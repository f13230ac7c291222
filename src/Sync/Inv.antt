-- ===== src/Sync/Inv.antt =====
-- What holds of a replay between two steps: include/xsync.hh.
use double_take.Prelude.{ℕ, ◌≤◌, ◌<◌, ◌≡◌, ◌⊎◌, Bool, true, false, none, some, get_elem?}
use double_take.Sync.{EventPtr, World}
use double_take.Sync.Events.{has_event, DistinctEvents}

abbrev pub iter : World → ℕ → ℕ
iter w t = (w.syncevents t).iter

-- The thread of the event has passed it.
abbrev pub Passed : World → EventPtr → Type 0
Passed w e = e.place < iter w e.thread

abbrev pub At : World → ℕ → ℕ → EventPtr → Type 0
At w v k e = get_elem? (w.list v) k ≡ some e

abbrev pub IsCurrent : World → ℕ → ℕ → EventPtr → Type 0
IsCurrent w v k e = (w.curentry v ≡ some k) × At w v k e

-- What was recorded, with the time of each event: each event of a list is in the pool of its thread,
-- as one of this list that succeeded, and in no other list or place; each event of a pool is in a
-- list; and lists and pools are in the order of time.
pub record IsRecorded (time : EventPtr → ℕ) (w : World) : Type 0 where
  pub stored :
      (v k : ℕ) (e : EventPtr)
      → At w v k e
      → get_elem? (w.syncevents e.thread).start e.place
        ≡ some (record { thread = e.thread; eventlist = v; ret = 0 })
  pub used : (v k : ℕ) (e : EventPtr) → At w v k e → e.place < (w.syncevents e.thread).cur
  pub unique : (v v' j k : ℕ) (e : EventPtr) → At w v j e → At w v' k e → (v ≡ v') × (j ≡ k)
  pub listed :
      (t i : ℕ)
      → i < (w.syncevents t).cur
      → (v : ℕ) × (k : ℕ) × At w v k (record { thread = t; place = i })
  pub list_order : (v j k : ℕ) (e x : EventPtr) → At w v j e → At w v k x → j < k → time e < time x
  pub pool_order :
      (t i j : ℕ)
      → i < j
      → j < (w.syncevents t).cur
      → time (record { thread = t; place = i }) < time (record { thread = t; place = j })

-- No step of a replay changes what was recorded.
pub record SameRecording (w w' : World) : Type 0 where
  pub list : (v : ℕ) → w'.list v ≡ w.list v
  pub start : (t : ℕ) → (w'.syncevents t).start ≡ (w.syncevents t).start
  pub cur : (t : ℕ) → (w'.syncevents t).cur ≡ (w.syncevents t).cur

pub IsRecorded-same :
    (time : EventPtr → ℕ) (w w' : World)
    → SameRecording w w'
    → IsRecorded time w
    → IsRecorded time w'
IsRecorded-same time w w' same rec = record {
  stored = λ v k e at. rw (same.start e.thread) (rec.stored v k e (rw (same.list v) at at));
  used = λ v k e at. rw (same.cur e.thread) (rec.used v k e (rw (same.list v) at at));
  unique = λ v v' j k e at at'.
      rec.unique v v' j k e (rw (same.list v) at at) (rw (same.list v') at at');
  listed = λ t i lt.
      let (v, k, at) = rec.listed t i (rw (same.cur t) at lt) in (v, k, rw (same.list v) at);
  list_order = λ v j k e x at at'.
      rec.list_order v j k e x (rw (same.list v) at at) (rw (same.list v) at at');
  pool_order = λ t i j lt lt'. rec.pool_order t i j lt (rw (same.cur t) at lt');
}

-- The lists in `ready` were prepared. A semaphore is up only for the thread whose next event is the
-- current one of its list; the current event of each list, if it is not passed, was signalled or is
-- pending; and the events of a list are passed in their order.
pub record Inv (ready : ℕ → Bool) (w : World) : Type 0 where
  pub at_most_one : (t : ℕ) → w.sema t ≤ 1
  pub granted :
      (t : ℕ)
      → 0 < w.sema t
      → (v : ℕ) × (k : ℕ) × (e : EventPtr) × IsCurrent w v k e
        × (ready v ≡ true)
        × (e.thread ≡ t)
        × (e.place ≡ iter w t)
        × (has_event (w.pending t) e ≡ false)
  pub waiting :
      (t : ℕ) (e : EventPtr)
      → has_event (w.pending t) e ≡ true
      → (v : ℕ) × (k : ℕ) × IsCurrent w v k e
        × (ready v ≡ true)
        × (e.thread ≡ t)
        × (iter w t ≤ e.place)
  pub distinct : (t : ℕ) → DistinctEvents (w.pending t)
  pub before :
      (v k j : ℕ) (e : EventPtr)
      → ready v ≡ true
      → w.curentry v ≡ some k
      → j < k
      → At w v j e
      → Passed w e
  pub after :
      (v k j : ℕ) (e : EventPtr)
      → ready v ≡ true
      → w.curentry v ≡ some k
      → k < j
      → At w v j e
      → iter w e.thread ≤ e.place
  pub over :
      (v j : ℕ) (e : EventPtr) → ready v ≡ true → w.curentry v ≡ none → At w v j e → Passed w e
  pub signalled :
      (v k : ℕ) (e : EventPtr)
      → ready v ≡ true
      → IsCurrent w v k e
      → iter w e.thread ≤ e.place
      → (has_event (w.pending e.thread) e ≡ true)
        ⊎ ((e.place ≡ iter w e.thread) × (0 < w.sema e.thread))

**REQUIRED ACTION**
The expected result is every line from the material above that includes "none".

**WORKED SOLUTION**
use double_take.Prelude.{ℕ, ◌≤◌, ◌<◌, ◌≡◌, ◌⊎◌, Bool, true, false, none, some, get_elem?}
      (v j : ℕ) (e : EventPtr) → ready v ≡ true → w.curentry v ≡ none → At w v j e → Passed w e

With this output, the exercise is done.